Metamaterial based on 3D liquid-crystal elastomers structures can change properties (Poisson’s Ratio and twist per strain) in response to light.
Metamaterial based on 3D liquid-crystal elastomers structures can change properties (Poisson’s Ratio and twist per strain) in response to light.

Researchers have designed and constructed metamaterials that can change their mechanical properties in response to light [Münchinger et al., Materials Today (2022), https://doi.org/10.1016/j.mattod.2022.08.020]. Metamaterials are artificial materials that derive their properties from their designed microstructure rather than their constituent materials.

“Many applications in everyday life depend on responsive materials whose properties can be manipulated from the outside via a certain stimulus.

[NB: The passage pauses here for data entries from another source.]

-- ===== src/Verify/Laws.antt =====
-- `verifyRequestedNames` decides whether a certificate covers a request.
use kmp_issuer.Base.{
  ◌≡◌, refl, ◌↔◌, inl, inr, true, false, not, ◌&&◌, List, [], ◌∷◌, In, In_subst, Bool-cases,
  if◌then◌else◌, is_nil, ok, err, err-injective, subst, sym, ◌∙◌,
}
use mathlib.Core.Bool.{false≢true}
use mathlib.Core.List.{cons-ne-nil}
use kmp_issuer.Text.{Bytes, Unicode, equal_fold, str_eq, str_eq_iff, str_eq_refl}
use kmp_issuer.X509.{Certificate, CertificateRequest, Platform, ip_equal}
use kmp_issuer.Errors.{GoError, is_permanent}
use kmp_issuer.Verify.{
  contains_fold, names_error, none_missing, describe_common_name, missing_common_name,
  missing_dns_names, missing_ip_addresses, missing_email_addresses, missing_uris, missing_requested,
  verify_requested_names,
}
use kmp_issuer.Verify.Missing.{any-In, In-any, append-eq-nil, any_iff, missing_from_iff}

-- A value of the list equals the wanted one, but for case.
abbrev pub FoldIn : Unicode → List Bytes → Bytes → Type 0
FoldIn u values want = (value : Bytes) × In value values × (equal_fold u value want ≡ true)

pub contains_fold_iff :
    (u : Unicode) (values : List Bytes) (want : Bytes)
    → (contains_fold u values want ≡ true) ↔ FoldIn u values want
unfolding contains_fold
contains_fold_iff u values want = (
  any-In (λ value. equal_fold u value want) values,
  λ (value, i, e). In-any (λ value. equal_fold u value want) values value i e,
)

-- An error says that names are missing exactly if the list of the missing is not empty.
pub none_missing_iff : (missing : List Bytes) → (none_missing missing ≡ ok tt) ↔ (missing ≡ [])
none_missing_iff [] = (λ _. refl, λ _. refl)
none_missing_iff (m ∷ missing) = (λ h. cc, λ h. cc)

pub none_missing-is_permanent :
    (missing : List Bytes) (e : GoError) → none_missing missing ≡ err e → is_permanent e ≡ true
unfolding is_permanent names_error
none_missing-is_permanent [] e h = cc
none_missing-is_permanent (m ∷ missing) e h =
    subst (λ f. is_permanent f ≡ true) (err-injective h) refl

module _ (p : Platform) where
  -- What a certificate has to carry for a request: its common name, if it has one, its DNS names
  -- and mail addresses but for case, its IP addresses and its URIs.
  pub record Covers (csr : CertificateRequest) (leaf : Certificate) : Type 0 where
    pub common_name :
        is_nil csr.subject.common_name ≡ false
        → equal_fold (Platform.unicode p) csr.subject.common_name leaf.subject.common_name ≡ true
    pub dns_names :
        (want : Bytes) → In want csr.dns_names → FoldIn (Platform.unicode p) leaf.dns_names want
    pub ip_addresses :
        (ip : Bytes)
        → In ip csr.ip_addresses
        → (issued : Bytes) × In issued leaf.ip_addresses × (ip_equal issued ip ≡ true)
    pub email_addresses :
        (want : Bytes)
        → In want csr.email_addresses
        → FoldIn (Platform.unicode p) leaf.email_addresses want
    pub uris : (uri : Bytes) → In uri csr.uris → In uri leaf.uris

  common_name_iff :
      (requested got : Bytes)
      → ((if not (is_nil requested) && not (equal_fold (Platform.unicode p) requested got)
            then describe_common_name p requested got
            else [])
          ≡ [])
        ↔ (is_nil requested ≡ false → equal_fold (Platform.unicode p) requested got ≡ true)
  common_name_iff requested got = elim (Bool-cases (is_nil requested)) [
    | inl empty ↦ (λ h k. absurd (false≢true (sym k ∙ empty)), λ f. rw empty)
    | inr full ↦ elim (Bool-cases (equal_fold (Platform.unicode p) requested got)) [
      | inl same ↦ (λ h k. same, λ f. rw (full, same))
      | inr differs ↦ (
        λ h k. absurd (cons-ne-nil _ _ (rw (full, differs) at h)),
        λ f. absurd (false≢true (sym differs ∙ f full)),
      )
    ]
  ]

  module _ (csr : CertificateRequest) (leaf : Certificate) where
    missing_dns_names_iff :
        (missing_dns_names p csr leaf ≡ [])
        ↔ ((want : Bytes) → In want csr.dns_names → FoldIn (Platform.unicode p) leaf.dns_names want)
    unfolding missing_dns_names
    missing_dns_names_iff =
        missing_from_iff (contains_fold_iff (Platform.unicode p) leaf.dns_names) _ csr.dns_names

    missing_ip_addresses_iff : (missing_ip_addresses p csr leaf ≡ []) ↔ (
        (ip : Bytes)
        → In ip csr.ip_addresses
        → (issued : Bytes) × In issued leaf.ip_addresses × (ip_equal issued ip ≡ true))
    unfolding missing_ip_addresses
    missing_ip_addresses_iff =
        missing_from_iff (λ ip. any_iff (λ issued. ip_equal issued ip) leaf.ip_addresses) _
          csr.ip_addresses

    missing_email_addresses_iff : (missing_email_addresses p csr leaf ≡ []) ↔ (
        (want : Bytes)
        → In want csr.email_addresses
        → FoldIn (Platform.unicode p) leaf.email_addresses want)
    unfolding missing_email_addresses
    missing_email_addresses_iff =
        missing_from_iff (contains_fold_iff (Platform.unicode p) leaf.email_addresses) _
          csr.email_addresses

    missing_uris_iff :
        (missing_uris p csr leaf ≡ []) ↔ ((uri : Bytes) → In uri csr.uris → In uri leaf.uris)
    unfolding missing_uris
    missing_uris_iff =
        missing_from_iff
          (λ uri. (
            λ h.
                let (issued, j, e) = any-In (λ issued. str_eq issued uri) leaf.uris h in
                In_subst ((str_eq_iff issued uri).0 e) j,
            λ i. In-any (λ issued. str_eq issued uri) leaf.uris uri i (str_eq_refl uri),
          ))
          _ csr.uris

    missing_requested-Covers : missing_requested p csr leaf ≡ [] → Covers csr leaf
    unfolding missing_requested missing_common_name
    missing_requested-Covers h =
        let (names, h₁) = append-eq-nil (missing_common_name p csr leaf) _ h in
        let (dns, h₂) = append-eq-nil (missing_dns_names p csr leaf) _ h₁ in
        let (ips, h₃) = append-eq-nil (missing_ip_addresses p csr leaf) _ h₂ in
        let (emails, uris) = append-eq-nil (missing_email_addresses p csr leaf) _ h₃ in
        record {
          common_name = (common_name_iff csr.subject.common_name leaf.subject.common_name).0 names;
          dns_names = missing_dns_names_iff.0 dns;
          ip_addresses = missing_ip_addresses_iff.0 ips;
          email_addresses = missing_email_addresses_iff.0 emails;
          uris = missing_uris_iff.0 uris;
        }

    Covers-missing_requested : Covers csr leaf → missing_requested p csr leaf ≡ []
    unfolding missing_requested missing_common_name
    Covers-missing_requested c = rw (
      (common_name_iff csr.subject.common_name leaf.subject.common_name).1 c.common_name,
      missing_dns_names_iff.1 c.dns_names,
      missing_ip_addresses_iff.1 c.ip_addresses,
      missing_email_addresses_iff.1 c.email_addresses,
      missing_uris_iff.1 c.uris,
    )

  -- `verifyRequestedNames` accepts a certificate exactly if it covers the request: it has the common
  -- name, if the request has one, the DNS names and the mail addresses, all but for case, the IP
  -- addresses and the URIs.
  pub verify_requested_names_iff :
      (csr : CertificateRequest) (leaf : Certificate)
      → (verify_requested_names p csr leaf ≡ ok tt) ↔ Covers csr leaf
  unfolding verify_requested_names
  verify_requested_names_iff csr leaf =
      let (to, from) = none_missing_iff (missing_requested p csr leaf) in
      (
        λ h. missing_requested-Covers csr leaf (to h),
        λ c. from (Covers-missing_requested csr leaf c),
      )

However, the palette of available responsive materials is limited,” points out first author, Alexander Münchinger of Karlsruhe Institute of Technology.

Ideally, say the researchers, materials should have a ‘knob’ that allows their properties to be changed at will like a digital switch. Now, thanks to advances in the manufacturing of three-dimensional liquid-crystal elastomers, the researchers from the Karlsruhe Institute of Technology and Ruprecht-Karls-Universität Heidelberg have created metamaterials that can flip between different mechanical behaviors upon exposure to light.

Using a novel two-photon 3D laser microprinting technique they developed themselves, the researchers fabricated two different metamaterial microstructures. One structure is based on a bow-tie-shaped element within tetragonal unit cell and the other on chiral elements on the surface of connected cubes in a similar unit cell. By infusing the liquid-crystal-elastomers with a dye, the metamaterials are rendered responsive to light. When exposed to a blue LED, the structures significantly change their geometry – in one case the sign of the Poisson’s ratio flips back and forth between positive and negative values, while in the second case the direction of the chiral twist is altered. The changes in structure and associated behavior arise from the fact that beams making up the metamaterial unit cells respond anisotropically to light.

“To our knowledge, the presented metamaterials represent the first 3D optomechanical metamaterials – where the effective mechanical properties are different from the constituent material and can be tuned via light,” says Münchinger.

The mechanical behavior of the metamaterials can be tuned reversibly and repeatedly, over 100 cycles, in response to switching the LED light source off and on. Such light-stimulated metamaterials overcome one of the major hurdles to the adoption of these materials for useful applications. A metamaterial that can change its mechanical properties in response to sunlight, for example, could automatically adjust to different lighting conditions, change appearance, or be used to control room temperature.

“We believe that many more responsive metamaterials can be designed [in this way],” adds Münchinger.

The team are now working on improved liquid-crystal elastomer compositions to lower the required optical intensity.